Ministry of Livestock and Fisheries

Ministry overview
- Jurisdiction: Government of Tanzania
- Headquarters: Dar es Salaam 6°49′0″S 39°17′40″E﻿ / ﻿6.81667°S 39.29444°E
- Minister responsible: Abdallah Ulega;
- Ministry executives: Elisante Ole Gabriel, Permanent Secretary - Livestock; Rashid Tamatamah, Permanent Secretary - Fisheries;
- Website: www.mifugouvuvi.go.tz

= Ministry of Livestock and Fisheries (Tanzania) =

Government ministry of Tanzania

The Ministry of Livestock and Fisheries is a government ministry in Tanzania.

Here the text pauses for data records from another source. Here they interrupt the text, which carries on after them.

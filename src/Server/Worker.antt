-- ===== src/Server/Worker.antt =====
-- internal/server/worker.go: which days are rebuilt, and when. The server's local calendar is an argument,
-- and so is the clock; the loops wait for their timers and call what is here.
pub mod Heals
pub mod Next
use token_usage.Prelude.{
  ℕ, suc, ◌+◌, ◌-◌, ◌*◌, ◌/◌, Bool, true, false, ◌&&◌, Option, none, some, [], Text, text_eq, codes,
  ◌==◌, ltb, leb, if◌then◌else◌,
}
use token_usage.Prelude.Int.{ℤ, pos, negsuc}
use token_usage.Store.Usage.{UsageTables}
use token_usage.Store.Usage.Rebuild.{rebuild_daily, day_nanos}

-- The settings of `Worker`: durations in nanoseconds.
pub record Worker : Type 0 where
  pub today_every : ℤ
  pub deep_hour : ℤ
  pub deep_days : ℤ
  pub price_every : ℤ
  pub price_source : Text

abbrev is_positive : ℤ → Bool
is_positive (pos n) = ltb 0 n
is_positive (negsuc n) = false

-- w.DeepHour >= 0 && w.DeepHour <= 23
abbrev is_hour : ℤ → Bool
is_hour (pos n) = leb n 23
is_hour (negsuc n) = false

pub record Loops : Type 0 where
  pub today : Bool
  pub deep : Bool
  pub price : Bool

-- `Start`: the loops that run
unfoldable start_loops : Worker → Loops
start_loops w = record {
  today = is_positive w.today_every;
  deep = is_hour w.deep_hour && is_positive w.deep_days;
  price = is_positive w.price_every;
}

-- `displayPriceSource`, given DefaultPriceSourceURL
unfoldable display_price_source : Text → Text → Text
display_price_source default_url s = if s == [] then default_url else s

-- `utcDay`
unfoldable pub utc_day : ℕ → ℕ
utc_day t = t / day_nanos * day_nanos

-- `rebuildToday` at a reading of the clock; `now` is the transaction's NOW()
unfoldable pub rebuild_today : Bool → ℕ → ℕ → UsageTables → Option ℕ × UsageTables
unfolding utc_day rebuild_daily
rebuild_today fault now clock t = rebuild_daily fault now (utc_day clock) (utc_day clock) t

-- today.AddDate(0, 0, -(w.DeepDays - 1)), for at least one day; no row is older than day 0
unfoldable pub first_deep_day : ℕ → ℕ → ℕ
unfolding utc_day
first_deep_day deep_days clock = utc_day clock - (deep_days - 1) * day_nanos

-- `rebuildDeep`
unfoldable pub rebuild_deep : Bool → ℕ → ℕ → ℕ → UsageTables → Option ℕ × UsageTables
unfolding first_deep_day utc_day rebuild_daily
rebuild_deep fault now deep_days clock t =
    rebuild_daily fault now (first_deep_day deep_days clock) (utc_day clock) t

-- The local zone: the day and the time of day of an instant, and the instant of both (time.Date).
pub record Zone : Type 0 where
  pub day_of : ℕ → ℕ
  pub clock_of : ℕ → ℕ
  pub instant : ℕ → ℕ → ℕ

abbrev pub hour_nanos : ℕ
hour_nanos = 3_600_000_000_000

-- `nextLocalHour` at a reading of the clock
unfoldable pub next_local_hour : Zone → ℕ → ℕ → ℕ
next_local_hour z hour now =
    let t = z.instant (z.day_of now) (hour * hour_nanos) in
    if ltb now t then t else z.instant (suc (z.day_of t)) (z.clock_of t)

Its mission is to "build and support the technical and professional capacity of local government authorities and [the] private sector ... to develop, manage, and regulate the livestock and fisheries resources sustainably."

The Minister for Livestock and Fisheries is Abdallah Ulega.

==Blue economy==
Tanzania has adopted the blue economy drive by setting aside a huge amount to improve productivity & efficiency in fish farming and deep sea fishing.

Government of Tanzania are set to supply Small and Medium Entrepreneurs with 320 modern fishing boats so they can benefit from the blue economy.